Vaxx and facts

Vaxx and facts August 4, 2021

Here’s a post from 10+ years ago about the insufficiency of facts for persuading those whose identity-defining choices cannot account for or accommodate those facts.

The subject then was climate change. The proximate cause for this post was NASA’s fine ca. 2010 web portal compiling and presenting the overwhelming evidence demonstrating that climate change is, in fact, a fact — a real thing the reality of which is not contingent on our “belief” therein. Hence the title of the original post: “Climate change facts, for what that’s worth.”

That discussion seems urgently relevant today as we struggle with a pandemic that remains uncontrollable thanks to millions of our neighbors who proudly defy reality and refuse to care about facts. So I’ve adapted the original post below, changing references to one form of grievously consequential fact-rejection to the more recent example of that same phenomenon. Let’s see if that holds up.


[This site provides] just the sort of single, comprehensive, and accessible presentation of the evidence that is needed to persuade [COVID] denialists who may be misinformed.

The problem, though, is that most such denialists are not simply or sincerely misinformed. Most of them aren’t looking for, or open to, or concerned about the facts of the matter.

The facts of the matter do matter to those for whom facts matter, but what of those for whom they don’t? The … site is conclusive. It presents facts that are demonstrably and undeniably true. Yet those facts are, for many, unpersuasive. How is that possible?

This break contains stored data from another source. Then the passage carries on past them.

-- ===== src/Outbox/Processor.antt =====
-- src/outbox_worker/processor.py
pub mod Entry
pub mod Letters
pub mod Batch
pub mod Steps
pub mod Cycle
pub mod Retries
pub mod Others
use retail_order_sync_hub.Base.{
  ℕ, ◌+◌, ◌*◌, ◌/◌, ◌^◌, min, String, ◌==◌, nat_eq, string_eq, Bool, ◌&&◌, Option, none, some, List,
  [], ◌∷◌, ◌++◌, map, select, take, find, order_by, leb, cat, pos, if◌then◌else◌,
}
use retail_order_sync_hub.Json.{Value, int, str, dict}
use retail_order_sync_hub.Config.{Settings}
use retail_order_sync_hub.Services.{Runtime, Publisher, Random, outside}
use retail_order_sync_hub.Model.{OutboxEntry, Status, status_eq}
use retail_order_sync_hub.World.{World, count}
use retail_order_sync_hub.Exec.{
  exc_text, runtime_error, Result, ok, err, Exec, pure, raise, lift, gets, ◌>>=◌, ◌>>◌,
}
use retail_order_sync_hub.Adapters.Dto.{PushResult, Adapter, order_from_payload}

pub data Outcome : Type 0 where
  done retry dlq : Outcome

abbrev pub outcome_text : Outcome → String
outcome_text done = "done"
outcome_text retry = "retry"
outcome_text dlq = "dlq"

-- The registry of adapters, by name.
abbrev pub Adapters : Type 0 → Type 0
Adapters E = List (String × Adapter E)

-- adapters.get(name)
unfoldable pub adapter_of : {E : Type 0} → String → Adapters E → Option (Adapter E)
adapter_of name [] = none
adapter_of name ((k, a) ∷ rest) = if k == name then some a else adapter_of name rest

abbrev pub second : ℕ
second = 1000000

-- min(2**attempts, 300), in seconds
unfoldable pub base_delay : ℕ → ℕ
base_delay attempts = min (2 ^ attempts) 300

-- `_dlq_bytes`, before it is encoded
abbrev pub dlq_body : OutboxEntry → String → Value
dlq_body row error = dict (
    ("outbox_id", int (pos row.id))
    ∷ ("aggregate_id", str row.aggregate_id)
    ∷ ("target_adapter", str row.target_adapter)
    ∷ ("attempts", int (pos row.attempts))
    ∷ ("error", str error)
    ∷ ("payload", row.payload)
    ∷ [])

module _ {E : Type 0} where
  -- order_sync.add(1, {"target_adapter": …, "status": …})
  unfoldable pub count_sync : OutboxEntry → Outcome → Exec (World E) (Unit {0})
  unfolding count
  count_sync row o w = (
    ok tt,
    count "order_sync" (("target_adapter", row.target_adapter) ∷ ("status", outcome_text o) ∷ []) w,
  )

-- The due entries: status pending and `next_attempt_at <= now`, by id, at most `batch_size`.
unfoldable pub is_due : ℕ → OutboxEntry → Bool
is_due now row = row.status == Status.pending && leb row.next_attempt_at now

unfoldable pub due_rows : ℕ → ℕ → List OutboxEntry → List OutboxEntry
due_rows now batch_size table =
    take batch_size (order_by (λ (r : OutboxEntry). r.id) (select (is_due now) table))

-- Writing back the rows that a session has loaded and changed: each table row of the same id is
-- replaced, and `onupdate=func.now()` sets its `updated_at`.
abbrev pub stored : ℕ → OutboxEntry → Option OutboxEntry → OutboxEntry
stored now row none = row
stored now row (some changed) = record changed { updated_at = now }

unfoldable pub flush : ℕ → List OutboxEntry → List OutboxEntry → List OutboxEntry
flush now rows [] = []
flush now rows (row ∷ table) =
    stored now row (find (λ (r : OutboxEntry). r.id == row.id) rows) ∷ flush now rows table

module _ {E : Type 0} (rt : Runtime) (random : Random E) (publisher : Publisher E)
    (settings : Settings) (adapters : Adapters E) (now : ℕ) where
  -- `_backoff`: the base and a jitter of up to a quarter of it
  unfoldable pub backoff : ℕ → Exec (World E) ℕ
  backoff attempts w =
      let base = base_delay attempts * second in
      let (jitter, e) = random.uniform (base / 4) w.env in
      (ok (base + jitter), record w { env = e })

  push_with : OutboxEntry → Option (Adapter E) → Exec (World E) PushResult
  push_with row none =
      raise (runtime_error (cat ("no adapter registered for '" ∷ row.target_adapter ∷ "'" ∷ [])))
  push_with row (some adapter) = do
    order ← lift (order_from_payload rt row.payload)
    adapter.push_order order

  -- The body of the `try`.
  unfoldable pub attempt : OutboxEntry → Exec (World E) PushResult
  unfolding push_with
  attempt row = push_with row (adapter_of row.target_adapter adapters)

  to_dlq : OutboxEntry → String → Exec (World E) (OutboxEntry × Outcome)
  unfolding count_sync
  to_dlq row error = do
    outside (
        publisher.publish settings.pubsub_topic_sync_dlq (rt.dumps (dlq_body row error))
          (("aggregate_id", row.aggregate_id) ∷ ("target_adapter", row.target_adapter) ∷ []))
    count_sync row dlq
    pure (row, dlq)

  to_retry : OutboxEntry → Exec (World E) (OutboxEntry × Outcome)
  unfolding backoff count_sync
  to_retry row = do
    delay ← backoff row.attempts
    count_sync row retry
    pure (record row { status = Status.pending; next_attempt_at = now + delay }, retry)

  -- The `except` clause.
  unfoldable pub failed : OutboxEntry → String → Exec (World E) (OutboxEntry × Outcome)
  unfolding to_dlq to_retry
  failed row error =
      let row' = record row { attempts = row.attempts + 1; error_log = some error } in
      if leb settings.outbox_max_attempts row'.attempts
      then to_dlq (record row' { status = Status.dlq }) error
      else to_retry row'

  -- What follows the `try`.
  unfoldable pub pushed : OutboxEntry → Exec (World E) (OutboxEntry × Outcome)
  unfolding count_sync
  pushed row = do
    count_sync row done
    pure (record row { status = Status.done; error_log = none }, done)

  unfoldable pub settle : OutboxEntry → Result PushResult → Exec (World E) (OutboxEntry × Outcome)
  unfolding failed pushed
  settle row (ok result) = pushed row
  settle row (err e) = failed row (exc_text e)

  -- The row as it is mutated, and the outcome that is returned.
  unfoldable pub process_entry : OutboxEntry → Exec (World E) (OutboxEntry × Outcome)
  unfolding settle attempt
  process_entry row w = let (r, w') = attempt row w in settle row r w'

  -- The loop of `process_pending`.
  unfoldable pub process_rows : List OutboxEntry → Exec (World E) (List (OutboxEntry × Outcome))
  process_rows [] = pure []
  process_rows (row ∷ rows) = do
    result ← process_entry row
    results ← process_rows rows
    pure (result ∷ results)

  -- The session's commit: the changed rows are written. The rows are locked until then, and what an
  -- adapter commits in a session of its own has been written already.
  unfoldable pub write_back : List (OutboxEntry × Outcome) → Exec (World E) (List (ℕ × Outcome))
  write_back results w = (
    ok (map (λ (r : OutboxEntry × Outcome). (r.0.id, r.1)) results),
    record w {
      db = record w.db {
        outbox = flush w.clock (map (λ (r : OutboxEntry × Outcome). r.0) results) w.db.outbox;
      };
    },
  )

  -- An exception that leaves the loop leaves the session's rows unwritten.
  unfoldable pub process_pending : ℕ → Exec (World E) (List (ℕ × Outcome))
  process_pending batch_size = do
    rows ← gets (λ (w : World E). due_rows now batch_size w.db.outbox)
    results ← process_rows rows
    write_back results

The specifics of [the pandemic] — this set of facts and the response they require and the consequences of failing to respond — are terribly important in particular, but this same bizarre phenomenon of facts not being persuasive is also terribly important in general. Fill a jury box with people who are unpersuaded by facts and killers will be set free while the innocent are imprisoned. Those who are impervious to facts will perpetrate similar injustices in the voting booth.

Telling the truth is a duty. It is the first duty we owe to the truth itself and to every neighbor we meet who is trapped in a lie. Facts matter.